# Assigned Seating?



## Cricketsma (Aug 12, 2015)

My husband and I recently retired and since I do not fly, we plan to travel a lot on Amtrak. One of our concerns is that we might not be able to sit next to each other during long trips. The last trip we actually booked a sleeperette in order to get an assigned seat.

1. Has Amtrak ever done/considered assigned seating?

2. Any tips to increase our chances of sitting together?

3. What are the rules/etiquette of moving from one seat to another?

Thanks for your help!


----------



## OlympianHiawatha (Aug 12, 2015)

Check me if I'm wrong but assigned seating in the Coaches is usually up to the Attendant. I have been on trains where it has been open seating, though in that case you are usually still confined to a specific car to keep destinations grouped together. On others, mainly the _*Silvers*_, the Attendant hands you an assigned seat as you step aboard.

As for sitting together, it is usually no problem, especially for a 2-pack.


----------



## the_traveler (Aug 12, 2015)

On most LD coaches, about 1/2 of the car is "set aside" and has signs that say "Reserved for groups of 2 or more". The attendant will also assist you in getting seats together.


----------



## Bob Dylan (Aug 12, 2015)

You can also use a Red Cap in Stations that have them to board ahead of the thundering hurd and snag seats together!

Since you are retired I'm assuming ya'll have Senior Status? If so,some Stations allow you to board, along with Handicapped and those with small children, ahead of other Coach Passengers.

The Best riding seats are usually in the middle of the cars away from the trucks and end doors and on a Superliner, away from the stairs. ( Superliner Coaches also have downstairs seats that are "Reserved" for those needing assistance and the Handicapped.)


----------



## BCL (Aug 12, 2015)

I believe the answer is "it depends". I look the Coast Starlight from Seattle to Emeryville last month, and at the start it was a two-step process. The first was checking in at a desk at the station to be assigned a car. Then before entering the car the coach attendant assigned each passenger a seat or groups were assigned seats together. It was pretty obvious by looking at the seat checks that we were being grouped together - pretty much everyone in the car and the adjacent car has seat checks for EMY or OKJ. It looks like families or others on the same reservation were given seats together.
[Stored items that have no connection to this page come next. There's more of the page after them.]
-- ===== src/Reconcile.antt =====
-- The jobs that settle and expire payments without a webhook: reconcile
-- (internal/service/payment_service.go) and expiry (internal/service/payment_webhook_service.go).
-- The result's message text is left out. Which payments were flagged with an amount mismatch, rows
-- of `webhook_events`, is a parameter; a failed write of such a row is only logged.
pub mod Confirmed
pub mod Newest
pub mod Pages
use pg_aggregator_back.Common.{
  ℕ, String, Bool, true, false, not, ◌+◌, ◌&&◌, ◌||◌, Option, none, some, List, [], ◌∷◌, ℤ, ltb,
  length, if◌then◌else◌,
}
use pg_aggregator_back.Errors.{Error, Result, ok, err, payment_already_terminal, other_error}
use pg_aggregator_back.Payment.{
  Payment, Status, pending, paid, failed, cancelled, refunded, expired, status_eq,
}
use pg_aggregator_back.Payment.Request.{Strings}
use pg_aggregator_back.Settlement.{
  NormalizedPaymentStatus, verify_provider_payment, merchant_net_for,
}
use pg_aggregator_back.Delivery.{payment_event}
use pg_aggregator_back.Store.Action.{Sql, pure, raise, ◌>>=◌, ◌>>◌, caught}
use pg_aggregator_back.Repository.Payments.{get_by_id, mark_paid, update_status}
use pg_aggregator_back.Repository.Scans.{
  get_by_reference, list_expired_pending, list_reconcile_candidates, ReconcileCursor, Windows,
  no_text,
}
use pg_aggregator_back.Webhook.{WebhookProvider, Registry, write_event, paid_time, settled_payment}
use pg_aggregator_back.Callback.Target.{notify_merchant_payment_event}

-- `Action` of a result.
pub data ReconcileAction : Type 0 where
  updated unchanged expired_local skipped error_action : ReconcileAction

pub record ReconcileResult : Type 0 where
  pub payment_id : ℕ
  pub reference : String
  pub previous_status : Status
  pub current_status : Status
  pub provider_status : Option Status
  pub action : ReconcileAction
  pub merchant_notified : Bool

-- `expireGracePeriod`, 5 minutes.
abbrev pub expire_grace_period : ℕ
expire_grace_period = 300

-- `reconcilePendingWindow`, 24 hours, and `reconcileExpiredWindow`, 6 hours.
abbrev pub reconcile_windows : Windows
reconcile_windows = record { pending_window = 86400; expired_window = 21600 }

-- What surrounds a check of one payment: the strings of Go, the providers, and the ids and the
-- clock that it draws.
pub record Check : Type 0 where
  pub go : Strings
  pub registry : Registry
  pub entry_id : ℕ
  pub delivery_id : ℕ
  pub now : ℕ

abbrev pub first_result : Payment → ReconcileResult
first_result p = record {
  payment_id = p.id;
  reference = p.reference;
  previous_status = p.status;
  current_status = p.status;
  provider_status = none;
  action = unchanged;
  merchant_notified = false;
}

abbrev pub acted : ReconcileAction → ReconcileResult → ReconcileResult
acted a r = record r { action = a }

abbrev pub is_terminal_error : Error → Bool
is_terminal_error payment_already_terminal = true
is_terminal_error _ = false

-- A change that lost a race is a result, any other error is passed on.
abbrev pub lost_race : ReconcileResult → Error → Sql ReconcileResult
lost_race r e = if is_terminal_error e then pure (acted skipped r) else raise e

abbrev pub changed_to : Status → ReconcileAction → ReconcileResult → ReconcileResult
changed_to s a r = record r { current_status = s; action = a; merchant_notified = true }

abbrev pub after_expiry : Check → Payment → ReconcileResult → Result Status → Sql ReconcileResult
after_expiry k p r (err e) = lost_race r e
after_expiry k p r (ok previous) =
    notify_merchant_payment_event k.go k.delivery_id k.now (record p { status = expired })
      (payment_event expired) false
    >> pure (changed_to expired expired_local r)

-- `expireLocally`
unfoldable pub expire_locally : Check → Payment → ReconcileResult → Sql ReconcileResult
expire_locally k p r = caught (update_status p.id expired none k.now) >>= after_expiry k p r

-- Expired locally if its deadline has passed, else the given result.
abbrev pub expire_or :
    Check → Payment → ReconcileResult → ReconcileResult → Bool → Sql ReconcileResult
expire_or k p r otherwise past_expiry = if past_expiry then expire_locally k p r else pure otherwise

abbrev pub after_settlement :
    Check → Payment → Option ℕ → ℤ → ReconcileResult → Result Status → Sql ReconcileResult
after_settlement k p at net r (err e) = lost_race r e
after_settlement k p at net r (ok previous) =
    notify_merchant_payment_event k.go k.delivery_id k.now (settled_payment p at net)
      (payment_event paid) (status_eq previous expired)
    >> pure (changed_to paid updated r)

-- The settlement, once it is confirmed.
unfoldable pub settle_checked :
    Check → Payment → Option ℕ → ReconcileResult → Result ℤ → Sql ReconcileResult
settle_checked k p at r (err e) = raise e
settle_checked k p at r (ok net) =
    caught (mark_paid k.entry_id p.id at net k.now) >>= after_settlement k p at net r

abbrev pub with_provider_status : Status → ReconcileResult → ReconcileResult
with_provider_status s r = record r { provider_status = some s }

-- The verdict on a report that says paid; a mismatch is recorded as an event.
abbrev pub on_verdict :
    Check → Payment → NormalizedPaymentStatus → ReconcileResult → Option Error → Sql ReconcileResult
on_verdict k p s r (some e) = write_event >> pure (acted error_action r)
on_verdict k p s r none = settle_checked k p (paid_time s.paid_at k.now) r (merchant_net_for p)

-- The provider's report. (A nil report without an error, which ends the Go program's run in a
-- panic, is an error here.)
unfoldable pub on_report :
    Check
    → Payment
    → Bool
    → ReconcileResult
    → Result (Option NormalizedPaymentStatus)
    → Sql ReconcileResult
on_report k p past_expiry r (err e) = expire_or k p r (acted error_action r) past_expiry
on_report k p past_expiry r (ok none) = raise other_error
on_report k p past_expiry r (ok (some s)) =
    let r' = with_provider_status s.status r in
    if not (status_eq s.status paid)
    then expire_or k p r' r' past_expiry
    else on_verdict k p s r' (verify_provider_payment p (some s) none)

unfoldable pub ask_provider :
    Check → Payment → String → Bool → ReconcileResult → Result WebhookProvider → Sql ReconcileResult
ask_provider k p ref past_expiry r (err e) = pure (acted error_action r)
ask_provider k p ref past_expiry r (ok pr) = on_report k p past_expiry r (pr.get_payment_status ref)

abbrev pub reference_or_empty : Option String → String
reference_or_empty none = ""
reference_or_empty (some s) = s

abbrev pub is_past_expiry : ℕ → Payment → Bool
is_past_expiry now p = status_eq p.status pending && ltb (p.expires_at + expire_grace_period) now

abbrev pub is_ended : Status → Bool
is_ended s = status_eq s paid || status_eq s failed || status_eq s cancelled || status_eq s refunded

-- `reconcilePaymentData`
unfoldable pub reconcile_payment_data : Check → Payment → Sql ReconcileResult
unfolding ask_provider on_report expire_locally settle_checked
reconcile_payment_data k p =
    let r = first_result p in
    let past_expiry = is_past_expiry k.now p in
    if is_ended p.status
    then pure (acted skipped r)
    else if no_text p.provider_reference
    then expire_or k p r (acted skipped r) past_expiry
    else ask_provider k p (reference_or_empty p.provider_reference) past_expiry r
        (k.registry.provider_by_name p.provider_name)

-- `ReconcilePayment`
unfoldable pub reconcile_payment : Check → ℕ → Sql ReconcileResult
unfolding reconcile_payment_data
reconcile_payment k id = get_by_id id >>= reconcile_payment_data k

-- `CheckPaymentStatus`
unfoldable pub check_payment_status : Check → String → Sql Payment
unfolding reconcile_payment
check_payment_status k reference = do
  p ← get_by_reference reference
  r ← reconcile_payment k p.id
  get_by_id r.payment_id

-- The loop of ReconcileRecentPayments: an error of one payment is only logged.
unfoldable pub reconcile_all : (ℕ → Check) → List Payment → Sql (Unit {0})
unfolding reconcile_payment_data
reconcile_all k [] = pure tt
reconcile_all k (p ∷ ps) = caught (reconcile_payment_data (k p.id) p) >> reconcile_all k ps

abbrev pub last_cursor : Payment → List Payment → ReconcileCursor
last_cursor p [] = record { created_at = p.created_at; id = p.id }
last_cursor p (q ∷ qs) = last_cursor q qs

abbrev pub cursor_of : List Payment → Option ReconcileCursor
cursor_of [] = none
cursor_of (p ∷ ps) = some (last_cursor p ps)

-- The position after a batch: a short one wraps.
unfoldable pub next_cursor : ℕ → List Payment → Option ReconcileCursor
next_cursor batch ps = if ltb (length ps) batch then none else cursor_of ps

-- `ReconcileRecentPayments`: the new position of the scan.
unfoldable pub reconcile_recent_payments :
    (ℕ → Check) → (ℕ → Bool) → ℕ → ℕ → Option ReconcileCursor → Sql (Option ReconcileCursor)
unfolding reconcile_all next_cursor
reconcile_recent_payments k flagged now batch cursor = do
  ps ← list_reconcile_candidates flagged now reconcile_windows batch cursor
  reconcile_all k ps
  pure (next_cursor batch ps)

abbrev pub after_expired : Check → Payment → Result Status → Sql (Unit {0})
after_expired k p (err e) = pure tt
after_expired k p (ok previous) =
    notify_merchant_payment_event k.go k.delivery_id k.now (record p { status = expired })
      (payment_event expired) false

-- The loop of ExpirePayments: a payment that cannot be expired is skipped.
unfoldable pub expire_all : (ℕ → Check) → List Payment → Sql (Unit {0})
expire_all k [] = pure tt
expire_all k (p ∷ ps) =
    caught (update_status p.id expired none (k p.id).now)
    >>= after_expired (k p.id) p
    >> expire_all k ps

-- `ExpirePayments`
unfoldable pub expire_payments : (ℕ → Check) → ℕ → Sql (Unit {0})
unfolding expire_all
expire_payments k now = list_expired_pending now expire_grace_period 200 >>= expire_all k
I was alone, but the guy sitting next to me didn't say a word for the entire trip.

I've also taken the CS for a short trip with my kid, including RIC-SJC (RIC is no longer a stop) or EMY-SJC. We were always assigned two seats together. Even when my kid was under 2 (and theoretically had to sit on my lap) I was assigned a seat next to an empty seat.

However, I've read/asked about taking the California Zephyr starting from Emeryville, and the reported procedure is that one is assigned a coach car and then just finds an empty seat. Eventually the attendants may start shuffling seats around to accommodate passengers getting on. Or that's what I've heard.


----------



## Kat314159 (Aug 12, 2015)

Save one short hop from CHI to SPI where the train was over sold and just having a seat was all one could ask for. I would say in general you shouldn't have too much trouble, especially if you're traveling at an off peak season. At least in my experience on the Lake Shore Limited and Lincoln Service most of the time if you aren't the back of the line you can easily find seats together. One thing that definitely helps in getting my choice of seats is having easily maneuverable carry on luggage. When I need to hike down to the front car of a LD train starting from Chicago having just a backpack and tote bag lets me easily pass others and climb the steps into the train

I've encountered the following:

Free for all: Lincoln Service and WB Lakeshore Limited

General direction to a coach(ie NYP is the next 3 coaches, stop here for BOS) : Lakeshore Limited EB, Texas Eagle SB(I suspect NB would be the same but I'd rather grab Lincoln to Chicago)


----------



## Railroad Bill (Aug 12, 2015)

As a couple who board in Cleveland in the middle of the night our experience has been mixed. Lake Shore usually has someone assign the seats and you are given a seat number. Most of the time two people together will get a pair together. The problem is that many people are sleeping and spread across several seats, which can be a hassle if the conductor or car attendant does not want to take charge.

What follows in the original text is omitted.